Pokal-Held Christian Maier, „mit ai“, wie er stets betont, ist einer der Ringer-Helden des deutschen Mannschafts-Vizemeisters Red Devils Heilbronn und hat (noch) etwas im heimischen Wohnzimmer stehen, das viele andere seiner Teamkameraden auch gerne hätten. Den übergroßen silbernen Pokal, den die Heilbronner nach dem unglücklich verlorenen Finale in Burghausen überreicht bekommen hatten. „Ich bin ja immer der Letzte, der geht. Ob aus der Dusche raus oder zusammen mit Frank Stäbler bei der Vizemmeister-Party“, erzählt der 28-Jährige. Auch nach der Heimfahrt aus Oberbayern gen Neckargartach war er wieder einmal die letzte Person, die aus dem Bus ausstieg und sich die große Verantwortung aufbürdete, das Pokal-Monstrum zu hüten. Tage später besuchte er in der Römerhalle das Training der jungen Roten Teufel. Mit dabei hatte er die silberne Trophäe. „Für die Kids war es eine gelungene Überraschung und die beste Motivation. Jeder wollte ein Bild von sich und dem Pokal.“

Lehrer-Power Zu Jahresbeginn hat Katharina Rumpus ihr Referendariat am Albert-Schweitzer-Gymnasium in Neckarsulm begonnen. Ihre sportliche Karriere will die Speedskaterin aber dennoch fortsetzen. „Mein Herz hängt an dem Sport, ich will es zumindest versuchen. Die Trainingsumfänge musste ich zwar reduzieren, dafür habe ich aber die Intensität erhöht“, sagt die 25-Jährige. Der erste Weltcup des Jahres fällt glücklicherweise in die Faschingsferien. „Darüber habe ich mich mega gefreut. Es geht nach Spanien“, sagt Katharina Rumpus.
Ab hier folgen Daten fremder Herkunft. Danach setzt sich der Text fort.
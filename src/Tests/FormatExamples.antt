-- ===== src/Tests/FormatExamples.antt =====
-- src/validation/validate_helpers.c and validate_opcodes.c: runs of the formats and of the applicators, and the
-- theorems on them at concrete inputs.
use jsonv.Base.{
  ℕ, zero, suc, inr, ◌%◌, ◌≤◌, ◌≡◌, ◌↔◌, refl, Bool, true, false, none, some, List, [], ◌∷◌, arith,
}
use jsonv.Token.{Bytes, string}
use jsonv.Lexer.Cursor
use jsonv.Formats
use jsonv.Formats.{validate_ipv4, validate_email, validate_uuid, validate_datetime}
use jsonv.Formats.Octets.{IsDotted}
use jsonv.Formats.Ipv4.{validate_ipv4-decides}
use jsonv.Formats.Dates.{IsDate, utc, stamp, suffix_text, validate_datetime-IsDate}
use jsonv.Ast.{leaf, AstNode, new_node}
use jsonv.Validate
use jsonv.Validate.Machine
use jsonv.Validate.Handlers
use jsonv.Validate.Run
use jsonv.Validate.Machine.{run, validate_bytecode}
use jsonv.Validate.{CLibrary, read_bytes}
use jsonv.Validate.Handlers.{
  Verdict, faulty, valid, invalid, Handled, stop, go_on, Vm, require, all_of_error, any_of_error,
  one_of_error,
}
use jsonv.Validate.Run.{read_offsets, passes, handle_all_of, handle_any_of, handle_one_of}
use jsonv.Validate.Applicators.{Outcomes, no_rules, a_rule, applicators_decide}
use jsonv.Tests.LexerRuns.{codes}

-- All that the formats compute with.
unfoldable format_code : Unit {0}
unfolding validate_ipv4 validate_email validate_uuid validate_datetime Formats.ipv4_loop
    Formats.find_at Formats.uuid_loop Formats.has_signs Formats.ipv4_turn Formats.at_turn
    Cursor.is_hex_digit Formats.has_digits Cursor.is_digit Formats.has_dot Formats.date_in_range
    Formats.is_leap Formats.time_in_range Formats.after_seconds Formats.is_zone
    Formats.skip_fraction Formats.is_offset
format_code = tt

abbrev accepts : List Bool
accepts =
    validate_ipv4 (codes "10.0.255.1")
    ∷ validate_email (codes "a@b.ch")
    ∷ validate_uuid (codes "12345678-abcd-ABCD-0000-0123456789ab")
    ∷ validate_datetime (codes "2024-02-29T23:59:60.5+01:30")
    ∷ []

abbrev refuses : List Bool
refuses =
    validate_ipv4 (codes "10.0.256.1")
    ∷ validate_ipv4 (codes "10.0.01.1")
    ∷ validate_email (codes "a@b")
    ∷ validate_uuid (codes "12345678-abcd-ABCD-0000_0123456789ab")
    ∷ validate_datetime (codes "2023-02-29T23:59:59Z")
    ∷ []

accepts_run : accepts ≡ true ∷ true ∷ true ∷ true ∷ []
unfolding format_code
accepts_run = refl

refuses_run : refuses ≡ false ∷ false ∷ false ∷ false ∷ false ∷ []
unfolding format_code
refuses_run = refl

validate_ipv4-decides_example :
    (validate_ipv4 (codes "10.0.255.1") ≡ true) ↔ IsDotted 3 (codes "10.0.255.1")
validate_ipv4-decides_example = validate_ipv4-decides (codes "10.0.255.1")

validate_datetime-IsDate_example :
    (validate_datetime
        (stamp b't' 2024 2 29 23 59 60 (suffix_text (some (5 ∷ [])) (utc b'z' (inr refl))))
      ≡ true)
    ↔ (IsDate 2024 2 29 × 23 ≤ 23 × 59 ≤ 59 × 60 ≤ 60)
validate_datetime-IsDate_example =
    validate_datetime-IsDate b't' 2024 2 29 23 59 60 (some (5 ∷ [])) (utc b'z' (inr refl))
      (inr refl) (omega arith) (omega arith) (omega arith) (omega arith) (omega arith) (omega arith)

abbrev if_even : ℕ → Verdict
if_even zero = valid
if_even (suc n) = invalid none

-- Rules at even offsets are kept, those at odd ones are not.
abbrev parity_vm : Vm
parity_vm = record {
  lib = record {
    matches = λ p s. some false;
    strtod = λ s. 0;
    less = λ a b. false;
    equal = λ a b. true;
    is_integral = λ a. true;
    add = λ a b. 0;
    subtract = λ a b. 0;
    divide = λ a b. 0;
    truncate = λ a. a;
    negate = λ a. a;
  };
  pool = [];
  constants = [];
  node_idx = 0;
  path = [];
  validate = λ offset node path. if_even (offset % 2);
}

abbrev two_rules : Bytes
two_rules = 2 ∷ 0 ∷ 0 ∷ 0 ∷ 20 ∷ 0 ∷ 0 ∷ 0 ∷ 31 ∷ 0 ∷ 0 ∷ 0 ∷ 0 ∷ []

two_rules-Outcomes : Outcomes parity_vm (20 ∷ 31 ∷ []) (true ∷ false ∷ [])
unfolding passes
two_rules-Outcomes =
    a_rule 20 (31 ∷ []) true (false ∷ []) refl (a_rule 31 [] false [] refl no_rules)

applicators_decide_example :
    (handle_all_of parity_vm two_rules ≡ require all_of_error false parity_vm (0 ∷ []))
    × (handle_any_of parity_vm two_rules ≡ require any_of_error true parity_vm (0 ∷ []))
    × (handle_one_of parity_vm two_rules ≡ require one_of_error true parity_vm (0 ∷ []))
unfolding read_bytes read_offsets
applicators_decide_example =
    applicators_decide parity_vm two_rules (20 ∷ 0 ∷ 0 ∷ 0 ∷ 31 ∷ 0 ∷ 0 ∷ 0 ∷ 0 ∷ []) (0 ∷ []) 2
      (20 ∷ 31 ∷ []) (true ∷ false ∷ []) refl refl two_rules-Outcomes

-- { "type": "number", "format": "email" } compiled, and the same for strings, on the text "a@b".
abbrev schema_for : ℕ → Bytes
schema_for mask =
    0x42
    ∷ 0x56
    ∷ 0x53
    ∷ 0x4A
    ∷ 1
    ∷ 0
    ∷ 0
    ∷ 0
    ∷ 15
    ∷ 0
    ∷ 0
    ∷ 0
    ∷ 5
    ∷ 0
    ∷ 0
    ∷ 0
    ∷ 2
    ∷ mask
    ∷ 0
    ∷ 0
    ∷ 0
    ∷ 26
    ∷ 0
    ∷ 0
    ∷ 0
    ∷ 0
    ∷ 5
    ∷ 0
    ∷ 0
    ∷ 0
    ∷ 0
    ∷ codes "email"

abbrev a_text : List AstNode
a_text =
    new_node leaf (record { start = codes "a@b"; len = 3; type = string; has_escape = false }) ∷ []

-- "anyOf" two rules, and the end.
abbrev any_of_code : Bytes
any_of_code = 22 ∷ two_rules

-- A rule that is not itself: the source does not return, and there is no verdict.
abbrev liar : Bytes
liar =
    0x42 ∷ 0x56 ∷ 0x53 ∷ 0x4A ∷ 1 ∷ 0 ∷ 0 ∷ 0 ∷ 6 ∷ 0 ∷ 0 ∷ 0 ∷ 0 ∷ 0 ∷ 0 ∷ 0 ∷ 20 ∷ 16 ∷ 0 ∷ 0 ∷ 0
    ∷ 0 ∷ []

liar_run : validate_bytecode 3 parity_vm.lib a_text liar 16 0 [] ≡ faulty
unfolding validate_bytecode Machine.read_header read_bytes Machine.run Machine.handle Run.handle_not
    passes
liar_run = refl
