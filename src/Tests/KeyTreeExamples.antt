-- ===== src/Tests/KeyTreeExamples.antt =====
-- src/parser/keytree.c: its theorem at a concrete input, the key "a" put behind the key "b".
use jsonv.Base.{ℕ, ◌<◌, ◌≡◌, false, Option, none, List, [], ◌∷◌, ◌++◌, arith}
use jsonv.Token.{string}
use jsonv.Ast.{
  AstNode, leaf, new_node, KeyPool, key_tree_init, key_tree_insert, key_tree_get_ordered,
}
use jsonv.Ast.KeyTree.{Tree, tip, insert}
use jsonv.Ast.KeyOrder.{IsKeyTree, key_tree_insert-IsKeyTree, key_tree_init-IsKeyTree}
use jsonv.Tests.LexerRuns.{codes}

abbrev two_keys : List AstNode
two_keys =
    new_node leaf (record { start = codes "b\""; len = 1; type = string; has_escape = false })
    ∷ new_node leaf (record { start = codes "a\""; len = 1; type = string; has_escape = false })
    ∷ []

abbrev one_key : Option ℕ × KeyPool
one_key = key_tree_insert (key_tree_init 4) none 0 two_keys

one_key-IsKeyTree :
    IsKeyTree two_keys one_key.1 one_key.0 (insert two_keys 0 (key_tree_init 4).count tip)
unfolding key_tree_init
one_key-IsKeyTree =
    (key_tree_insert-IsKeyTree two_keys 0 (key_tree_init 4) none tip
      (key_tree_init-IsKeyTree two_keys 4) (omega arith)).0

one_key_room : one_key.1.count < one_key.1.capacity
unfolding key_tree_init key_tree_insert
one_key_room = omega arith

abbrev one_key_tree : Tree
one_key_tree = insert two_keys 0 (key_tree_init 4).count tip

key_tree_insert-IsKeyTree_example :
    IsKeyTree two_keys
      (key_tree_insert one_key.1 one_key.0 1 two_keys).1
      (key_tree_insert one_key.1 one_key.0 1 two_keys).0
      (insert two_keys 1 one_key.1.count one_key_tree)
    × ((xs : List ℕ) × (ys : List ℕ) × (key_tree_get_ordered one_key.1 one_key.0 ≡ xs ++ ys)
        × (key_tree_get_ordered
              (key_tree_insert one_key.1 one_key.0 1 two_keys).1
              (key_tree_insert one_key.1 one_key.0 1 two_keys).0
            ≡ xs ++ (1 ∷ ys)))
key_tree_insert-IsKeyTree_example =
    key_tree_insert-IsKeyTree two_keys 1 one_key.1 one_key.0 one_key_tree one_key-IsKeyTree
      one_key_room
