-- ===== src/Unescape/Bounds.antt =====
-- src/parser/unescape.c: the loop ends, and what it writes fits where its callers let it write.
use jsonv.Base.{
  ℕ, zero, suc, ◌+◌, ◌≤◌, ◌<◌, ◌≡◌, refl, ap, ◌∙◌, true, Option, none, some, [], ◌∷◌, ◌++◌, ◌==◌,
  arith, length, drop, length-append, length-drop, Bool-cases, inl, inr, not,
}
use jsonv.Token.{Bytes}
use jsonv.Lexer.Cursor.{longer}
use jsonv.Lexer.Reads.{AllPass}
use jsonv.Unescape.{
  at_option, join_low, first_unit, encode_utf8, parse_4hex, code_point, Step, unescape_low,
  unescape_unit, unescape_char, unescape_escape, unescape_turn, unescape_loop, unescape_string,
}

longer-lt : (k : ℕ) (cs : Bytes) → longer k cs ≡ true → k < length cs
longer-lt k [] h = cc
longer-lt zero (c ∷ cs) h = omega arith
longer-lt (suc k) (c ∷ cs) h = omega (arith, longer-lt k cs h)

length-encode_utf8 : (cp : ℕ) → length (encode_utf8 cp) ≤ 4
unfolding encode_utf8
length-encode_utf8 cp = ground arith

-- A step on `s`, with `k` bytes already read, writes no more than was read.
abbrev Fits : ℕ → Bytes → Step → Type 0
Fits k s step = (length step.0 + length step.1 ≤ k + length s) × (length step.1 ≤ length s)

at_option-Fits :
    (k : ℕ) (s : Bytes) (f : ℕ → Step) (d : Step) (o : Option ℕ)
    → ((u : ℕ) → Fits k s (f u))
    → Fits k s d
    → Fits k s (at_option f d o)
at_option-Fits k s f d none h h' = h'
at_option-Fits k s f d (some u) h h' = h u

join_low-Fits : (u : ℕ) (s : Bytes) (v : ℕ) → Fits 6 s (join_low u s v)
unfolding join_low
join_low-Fits u s v =
    ground (arith, length-encode_utf8 u, length-encode_utf8 (code_point u v), length-drop 6 s)

alone-Fits : (u : ℕ) (s : Bytes) → Fits 6 s (encode_utf8 u, s)
alone-Fits u s = omega (arith, length-encode_utf8 u)

unescape_low-Fits : (u : ℕ) (s : Bytes) → Fits 6 s (unescape_low u s)
unfolding unescape_low
unescape_low-Fits u s = ground (
  arith,
  at_option-Fits 6 s (join_low u s) (encode_utf8 u, s) (parse_4hex (drop 2 s)) (join_low-Fits u s)
      (alone-Fits u s),
  alone-Fits u s,
)

first_unit-Fits : (s : Bytes) (u : ℕ) → Fits 6 s (first_unit s u)
unfolding first_unit
first_unit-Fits s u = ground (arith, unescape_low-Fits u s, alone-Fits u s)

unescape_unit-Fits : (s : Bytes) → Fits 2 s (unescape_unit s)
unfolding unescape_unit
unescape_unit-Fits s = elim (Bool-cases (longer 3 s)) [
  | inr short ↦ rw short (omega arith)
  | inl enough ↦ rw enough (
      at_option-Fits 2 s (first_unit (drop 4 s)) (b'u' ∷ [], s) (parse_4hex s)
        (λ u. omega (arith, first_unit-Fits (drop 4 s) u, length-drop 4 s, longer-lt 3 s enough))
        (omega arith))
]

unescape_char-Fits : (e : ℕ) (s : Bytes) → Fits 2 s (unescape_char e s)
unfolding unescape_char
unescape_char-Fits e s = ground (arith, unescape_unit-Fits s)

unescape_turn-Fits : (c : ℕ) (s : Bytes) → Fits 1 s (unescape_turn c s)
unfolding unescape_turn unescape_escape
unescape_turn-Fits c [] = ground arith
unescape_turn-Fits c (e ∷ s) = ground (arith, unescape_char-Fits e s)

-- Enough fuel is the length: more changes nothing.
pub unescape_loop_fuel :
    (f g : ℕ) (s : Bytes) → length s ≤ f → length s ≤ g → unescape_loop f s ≡ unescape_loop g s
unfolding unescape_loop
unescape_loop_fuel zero zero s h k = refl
unescape_loop_fuel zero (suc g) [] h k = refl
unescape_loop_fuel zero (suc g) (c ∷ s) h k = absurd (omega arith)
unescape_loop_fuel (suc f) zero [] h k = refl
unescape_loop_fuel (suc f) zero (c ∷ s) h k = absurd (omega arith)
unescape_loop_fuel (suc f) (suc g) [] h k = refl
unescape_loop_fuel (suc f) (suc g) (c ∷ s) h k =
    let step = unescape_turn c s in
    let fits = unescape_turn-Fits c s in
    ap (λ t. step.0 ++ t) (unescape_loop_fuel f g step.1 (omega arith) (omega arith))

-- jsonv_unescape_string on a first byte and others writes what its turn on that byte writes, and
-- then what it writes for the bytes that the turn leaves: its fuel never runs out.
unescape_string-cons :
    (c : ℕ) (s : Bytes)
    → unescape_string (c ∷ s) ≡ (unescape_turn c s).0 ++ unescape_string (unescape_turn c s).1
unfolding unescape_string unescape_loop
unescape_string-cons c s =
    let step = unescape_turn c s in
    let fits = unescape_turn-Fits c s in
    ap (λ t. step.0 ++ t)
      (unescape_loop_fuel (length s) (length step.1) step.1 (omega arith) (omega arith))

length-unescape_loop : (f : ℕ) (s : Bytes) → length (unescape_loop f s) ≤ length s
unfolding unescape_loop
length-unescape_loop zero s = omega arith
length-unescape_loop (suc f) [] = omega arith
length-unescape_loop (suc f) (c ∷ s) =
    let step = unescape_turn c s in
    omega (
      arith,
      unescape_turn-Fits c s,
      length-unescape_loop f step.1,
      length-append step.0 (unescape_loop f step.1),
    )

-- Whatever the source holds, no more bytes are written than it has: a destination of `len + 1`
-- bytes has room for them and for the NUL.
pub length-unescape_string : (s : Bytes) → length (unescape_string s) ≤ length s
unfolding unescape_string
length-unescape_string s = length-unescape_loop (length s) s

plain_turn : (c : ℕ) (s : Bytes) → not (c == b'\\') ≡ true → unescape_turn c s ≡ (c ∷ [], s)
unfolding unescape_turn
plain_turn c s h = ground arith

-- Text with no backslash is copied.
unescape_string_plain : (s : Bytes) → AllPass (λ c. not (c == b'\\')) s → unescape_string s ≡ s
unescape_string_plain [] h = unfold unescape_string unescape_loop in refl
unescape_string_plain (c ∷ s) (h, all) =
    unescape_string-cons c s ∙ rw (plain_turn c s h) (ap (◌∷◌ c) (unescape_string_plain s all))
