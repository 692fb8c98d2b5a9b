-- ===== src/Tests/LexerExamples.antt =====
-- src/parser/lexer.c, unescape.c and prescan.c: their theorems at concrete inputs.
use jsonv.Base.{ℕ, ◌≤◌, ◌≡◌, refl, true, false, some, [], ◌∷◌, ◌++◌, length, arith}
use jsonv.Token.{Bytes, eof, number, string, text}
use jsonv.Lexer.Cursor.{Lexer, starts}
use jsonv.Lexer.Reads.{Reads}
use jsonv.Lexer.{bare_token, lexer_next_token}
use jsonv.Lexer.Number.{parse_number}
use jsonv.Lexer.Number.Grammar.{digits, counting, point, unsigned, negative, IsNumber}
use jsonv.Lexer.Number.Sound.{parse_number-IsNumber}
use jsonv.Lexer.Number.Complete.{parse_number_complete, number_at, continues}
use jsonv.Lexer.Strings.{parse_string}
use jsonv.Lexer.Strings.Grammar.{ascii, short, IsBody, done, char}
use jsonv.Lexer.Strings.Sound.{parse_string-IsBody}
use jsonv.Lexer.Strings.Complete.{parse_string_complete, string_at}
use jsonv.Lexer.Progress.{lexer_next_token_eof}
use jsonv.Unescape.{unescape_string}
use jsonv.Unescape.Bounds.{length-unescape_string}
use jsonv.Prescan.{JsonEstimate, prescan, scan_loop, no_estimate, one_value}
use jsonv.Prescan
use jsonv.Prescan.Estimates.{IsEstimate, total, prescan-total}
use jsonv.Prescan.Strings.{scan_loop-string, outside, more_bytes}
use jsonv.Tests.LexerRuns.{codes, lexer_code}

-- A string with an escape.
abbrev a_string : Bytes
a_string = codes "a\\nb"

abbrev string_lexer : Lexer
string_lexer = record { rest = codes "a\\nb\"}"; current_pos = 1 }

string_type : (parse_string (codes "\"a\\nb\"}") string_lexer).0.type ≡ string
unfolding lexer_code
string_type = refl

parse_string-IsBody_example :
    IsBody
      (parse_string (codes "\"a\\nb\"}") string_lexer).0.has_escape
      (text (parse_string (codes "\"a\\nb\"}") string_lexer).0)
    × Reads string_lexer
        (text (parse_string (codes "\"a\\nb\"}") string_lexer).0 ++ b'"' ∷ [])
        (parse_string (codes "\"a\\nb\"}") string_lexer).1
parse_string-IsBody_example = parse_string-IsBody b'"' (codes "a\\nb\"}") 1 string_type

a-IsBody : IsBody true a_string
unfolding lexer_code
a-IsBody =
    char (ascii (omega arith) (λ h. omega arith) (λ h. omega arith))
      (char (short refl refl)
        (char (ascii (omega arith) (λ h. omega arith) (λ h. omega arith)) done refl refl) refl refl)
      refl refl

parse_string_complete_example :
    parse_string
      (b'"' ∷ (a_string ++ (b'"' ∷ codes "}")))
      (record { rest = a_string ++ (b'"' ∷ codes "}"); current_pos = 1 })
    ≡ string_at true a_string (codes "}") 1
parse_string_complete_example = parse_string_complete a_string (codes "}") 1 a-IsBody

number_type :
    (parse_number b'-' (codes "-1.5e3,") (record { rest = codes "1.5e3,"; current_pos = 1 })).0.type
    ≡ number
unfolding lexer_code
number_type = refl

parse_number-IsNumber_example :
    IsNumber (
      text
        (parse_number b'-' (codes "-1.5e3,") (record { rest = codes "1.5e3,"; current_pos = 1 })).0)
    × Reads
        (record { rest = codes "-1.5e3,"; current_pos = 0 })
        (text
          (parse_number b'-'
            (codes "-1.5e3,")
            (record { rest = codes "1.5e3,"; current_pos = 1 })).0)
        (parse_number b'-' (codes "-1.5e3,") (record { rest = codes "1.5e3,"; current_pos = 1 })).1
parse_number-IsNumber_example = parse_number-IsNumber b'-' (codes "1.5e3,") 0 number_type

a-IsNumber : IsNumber (codes "-1.5e3")
unfolding lexer_code
a-IsNumber = record {
  integer = codes "-1";
  fraction = codes ".5";
  exponent = codes "e3";
  splits = refl;
  integer_part = negative refl (counting refl tt);
  fraction_part = point refl (digits refl tt);
  exponent_part = unsigned refl (digits refl tt);
}

comma_stops : starts continues (codes ",") ≡ false
unfolding lexer_code
comma_stops = refl

parse_number_complete_example :
    parse_number b'-'
      (codes "-1.5e3" ++ codes ",")
      (record { rest = codes "1.5e3" ++ codes ","; current_pos = 1 })
    ≡ number_at (codes "-1.5e3") (codes ",") 0
parse_number_complete_example =
    parse_number_complete b'-' (codes "1.5e3") (codes ",") 0 a-IsNumber comma_stops

abbrev spaces : Lexer
spaces = record { rest = codes "  "; current_pos = 7 }

spaces_end : (lexer_next_token spaces).0.type ≡ eof
unfolding lexer_code
spaces_end = refl

lexer_next_token_eof_example :
    ((lexer_next_token spaces).1.rest ≡ [])
    × (lexer_next_token (lexer_next_token spaces).1 ≡ (bare_token eof, (lexer_next_token spaces).1))
lexer_next_token_eof_example = lexer_next_token_eof spaces spaces_end

length-unescape_string_example : length (unescape_string a_string) ≤ length a_string
length-unescape_string_example = length-unescape_string a_string

scan_loop-string_example :
    (k : ℕ) × (k ≤ length a_string)
    × (scan_loop (b'"' ∷ (a_string ++ (b'"' ∷ codes "}"))) (outside no_estimate)
        ≡ scan_loop (codes "}") (outside (one_value (more_bytes k no_estimate))))
scan_loop-string_example = scan_loop-string true a_string (codes "}") no_estimate a-IsBody

abbrev an_estimate : JsonEstimate
an_estimate = record {
  max_depth = 1;
  cur_depth = 0;
  value_count = 2;
  object_count = 0;
  array_count = 1;
  string_bytes = 2;
}

scanned : prescan (codes "[1,\"ab\"]") ≡ some an_estimate
unfolding lexer_code prescan scan_loop Prescan.scan_step Prescan.scan_byte Prescan.scan_string_byte
    Prescan.deeper Prescan.has_bom
scanned = refl

prescan-total_example : IsEstimate an_estimate × (total an_estimate ≤ length (codes "[1,\"ab\"]"))
prescan-total_example = prescan-total (codes "[1,\"ab\"]") scanned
Als Mitglied im Powerslide-Profiteam sollte sie zumindest an den Weltcups in Europa teilnehmen, die Wettbewerbe in Übersee fallen definitiv flach. „Es ist ein gutes Gefühl, dass das Team weiter auf mich setzt“, sagt Rumpus. Ein gutes Gefühl versuchte die angehende Mathematik- und Sportlehrerin auch ihrer Referendariats-Kollegin Louisa Wolf zu vermitteln, die am vergangenen Samstag im Handball-Bundesligaspiel ihrer Neckarsulmerinnen einen Kreuzbandriss erlitten hatte. „Wir kennen uns zwar erst seit fünf Wochen, verstehen uns aber super. Als Sportlerin habe ich vielleicht ein besseres Gespür dafür, was so eine Verletzung bedeutet. Diese Woche konnte sie zumindest schon wieder lächeln.“ Eines hat sich Rumpus für ihre künftige Lehrtätigkeit noch fest vorgenommen. „Ich möchte eine Inlineskating-AG ins Leben rufen.“ Wer könnte den Nachwuchs schließlich besser ausbilden als die frühere Junioren-Weltmeisterin.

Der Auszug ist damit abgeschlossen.